Noua

Noua

 

an archaeological culture of the late Bronze Age (the last quarter of the second millennium B.C.), widespread in what is now central and eastern Rumania, the Moldavian SSR, and the western Ukrainian SSR. It was named after a burial ground at the village of Noua, near the city of Braşov in Rumania. The Noua culture was characterized by unfortified settlements of rectangular houses built directly on the ground with vertically placed posts; ash pits; and numerous household storage pits. The flat-grave burial grounds contained up to 200 graves, with corpses in a flexed position and, more rarely, cremated remains.

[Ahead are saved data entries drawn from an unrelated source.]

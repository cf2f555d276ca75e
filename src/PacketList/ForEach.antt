-- ===== src/PacketList/ForEach.antt =====
-- `forEach` visits the nodes in order, as many as `maxScans` lets it.
use gproxy.Common.{
  ℕ, zero, suc, ◌+◌, ◌-◌, ◌<◌, ◌≡◌, ◌≢◌, refl, Bool, true, false, not, ◌&&◌, [], ◌∷◌, ◌++◌, arith,
  ◌==◌, if◌then◌else◌, length, drop, ap, Bool-cases, inl, inr,
}
use native.Mathlib.Nat.{zero-sub}
use gproxy.Common.Int.{ℤ, pos, negsuc, is_zero, ltb_ℤ, pos_part}
use gproxy.Common.Outcome.{Cmd}
use gproxy.Common.Outcome.Returns.{Returns}
use gproxy.Common.Outcome.Run.{Run, goes, chain, Returns-Run, Run-Returns}
use gproxy.PacketList.Heap.{Ptr, Memory}
use gproxy.PacketList.Spec.{Cell, Cells, has, Links, nil, cons, Owned, IsList}
use gproxy.PacketList.{for_each_loop, for_each}

-- where the walk stands with the cells still before it
abbrev pub first : Ptr → Cells → Ptr
first hd [] = hd
first hd (c ∷ cs) = c.at

-- The walk can follow the cells to the head.
abbrev pub Trail : Memory → Ptr → Cells → Type 0
Trail h hd [] = Unit {0}
Trail h hd (c ∷ cs) =
    (c.at ≢ hd) × (h.live c.at ≡ true) × (h.next c.at ≡ first hd cs) × Trail h hd cs

-- the cells that the bound on the scans keeps from a visit
abbrev pub unscanned : ℤ → (scans : ℕ) → Cells → Cells
unscanned max_scans scans cs =
    if is_zero max_scans then [] else drop (pos_part max_scans - scans) cs

Links-Trail :
    (h : Memory) (hd : Ptr) {a : Ptr} {cs : Cells}
    → Links h.next h.prev hd a cs
    → has hd cs ≡ false
    → Owned h hd cs
    → (h.next a ≡ first hd cs) × Trail h hd cs
Links-Trail h hd (nil f g) out o = (f, tt)
Links-Trail h hd (cons {c} f g l) out o =
    let (e, t) = Links-Trail h hd l (ground arith) o.2 in (f, (ground arith, o.0.live, e, t))

pub IsList-Trail :
    {h : Memory} {hd : Ptr} {cs : Cells}
    → IsList h hd cs
    → (h.next hd ≡ first hd cs) × Trail h hd cs
IsList-Trail {h} {hd} is = Links-Trail h hd is.links is.head_out is.owned

pub Trail-append : (h : Memory) (hd : Ptr) (xs ys : Cells) → Trail h hd (xs ++ ys) → Trail h hd ys
Trail-append h hd [] ys t = t
Trail-append h hd (x ∷ xs) ys t = Trail-append h hd xs ys t.3

-- the bound is reached
abbrev full : ℤ → (scans : ℕ) → Bool
full max_scans scans = not (is_zero max_scans) && not (ltb_ℤ (pos scans) max_scans)

drop-nil : (n : ℕ) → ◌≡◌ {A = Cells} (drop n []) []
drop-nil zero = refl
drop-nil (suc n) = refl

drop-cons : (n : ℕ) (c : Cell) (cs : Cells) → 0 < n → drop n (c ∷ cs) ≡ drop (n - 1) cs
drop-cons zero c cs h = absurd (omega arith)
drop-cons (suc n) c cs h = ap (λ k. drop k cs) (omega arith)

unscanned-nil : (max_scans : ℤ) (scans : ℕ) → unscanned max_scans scans [] ≡ []
unscanned-nil max_scans scans = ground (arith, drop-nil (pos_part max_scans - scans))

unscanned-full :
    (max_scans : ℤ) (scans : ℕ) (cs : Cells)
    → full max_scans scans ≡ true
    → unscanned max_scans scans cs ≡ cs
unscanned-full (negsuc m) scans cs h = rw (zero-sub)
unscanned-full (pos m) scans cs h = let e : m - scans ≡ 0 = ground arith in rw e (ground arith)

unscanned-cons :
    (max_scans : ℤ) (scans : ℕ) (c : Cell) (cs : Cells)
    → full max_scans scans ≡ false
    → unscanned max_scans (scans + 1) cs ≡ unscanned max_scans scans (c ∷ cs)
unscanned-cons (negsuc m) scans c cs h = cc
unscanned-cons (pos m) scans c cs h =
    ground (arith, drop-cons (m - scans) c cs, ap (λ k. drop k cs) (next m scans))
  where
    next : (m scans : ℕ) → m - scans - 1 ≡ m - (scans + 1)
    next m scans = omega arith

==-refl : (n : ℕ) → (n == n) ≡ true
==-refl n = ground arith

-- The rule for a walk: `P` says what holds with the given cells still to be visited, and `Q` what
-- holds if the callback stops the process or waits for ever.
module _ {S : Type 0} (memory : S → Memory) (hd : Ptr) (callback : Ptr → Cmd S (Unit {0}))
    (P : Cells → S → Type 0) (Q : S → Type 0)
    (trail : (cs : Cells) (s : S) → P cs s → Trail (memory s) hd cs)
    (step : (c : Cell) (cs : Cells) (s : S) → P (c ∷ cs) s → Run (P cs) Q (callback c.at s)) where
  for_each_loop-Run :
      (fuel : ℕ) (cs : Cells) (scans : ℕ) (max_scans : ℤ) (s : S)
      → length cs < fuel
      → P cs s
      → Run
          (P (unscanned max_scans scans cs))
          Q
          (for_each_loop memory fuel hd (first hd cs) callback scans max_scans s)
  unfolding for_each_loop
  for_each_loop-Run zero cs scans max_scans s f p = absurd (omega arith)
  for_each_loop-Run (suc fuel) [] scans max_scans s f p = rw (unscanned-nil, ==-refl) (goes p)
  for_each_loop-Run (suc fuel) (c ∷ cs) scans max_scans s f p =
      let (apart, alive, next, rest) = trail (c ∷ cs) s p in
      let ne : (c.at == hd) ≡ false = ground arith in
      elim (Bool-cases (full max_scans scans)) [
        | inl stop ↦ rw (ne, stop, unscanned-full max_scans scans (c ∷ cs) stop) (goes p)
        | inr go ↦
            rw (ne, go, alive, next, ← unscanned-cons max_scans scans c cs go)
              (chain (step c cs s p)
                λ _ s' p'. for_each_loop-Run fuel cs (scans + 1) max_scans s' (omega arith) p')
      ]

  pub for_each-Run :
      (cs : Cells) (max_scans : ℤ) (s : S)
      → IsList (memory s) hd cs
      → P cs s
      → Run (P (unscanned max_scans 0 cs)) Q (for_each memory hd callback max_scans s)
  unfolding for_each
  for_each-Run cs max_scans s is p =
      rw (is.head_live, is.counted, (IsList-Trail is).0)
        (for_each_loop-Run (suc (length cs)) cs 0 max_scans s (omega arith) p)

-- A walk over a list whose count is right, with a callback that returns, visits its nodes in
-- order, up to the bound.
pub for_each_rule :
    {S : Type 0} (memory : S → Memory) (hd : Ptr) (callback : Ptr → Cmd S (Unit {0}))
    (P : Cells → S → Type 0)
    → ((cs : Cells) (s : S) → P cs s → Trail (memory s) hd cs)
    → ((c : Cell) (cs : Cells) (s : S) → P (c ∷ cs) s → Returns (λ _. P cs) (callback c.at s))
    → (cs : Cells) (max_scans : ℤ) (s : S) → IsList (memory s) hd cs
    → P cs s
    → Returns (λ _. P (unscanned max_scans 0 cs)) (for_each memory hd callback max_scans s)
for_each_rule memory hd callback P trail step cs max_scans s is p = Run-Returns (
    for_each-Run memory hd callback P (λ _. ⊥) trail
      (λ c rest t q. Returns-Run (step c rest t q) (λ _ u q'. q')) cs max_scans s is p)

Two types of pottery predominated—a primitive type characterized by vessels of a baglike shape and a more refined type, glazed black or gray and characteristically having one or two handles. Other finds were bronze leaf-shaped spearheads, celts, pins, and bone arrowheads and cheekpieces. Tribes of the Noua culture, living in the primitive clan system, engaged mainly in cattle breeding and, to a lesser extent, in land cultivation.

REFERENCES

Meliukova, A. I. “Pamiatniki skifskogo vremeni lesostepnogo Srednego Podnestrov’ia.” In the collection Materialy i issledovaniia po arkheologii SSSR, no. 64. Moscow, 1958.
Balaguri, E. A. “Mohyl’nyk kul’tury Noa na Stanislavshchyni.” Arkheolohiia, 1961, vol. 13.
Petrescu-Dîmboviţa, M. “Konets bronzovogo i nachalo rannezheleznogo veka v Moldove v svete poslednikh arkheologicheskikh raskopok.” Dacia, new series, 1960, no. 4.
Florescu, A. C. “Contribuţii la cunoaşţerea culturii Noua.” In Arheologia Moldovei, vols. 2–3. Iaşi, 1964.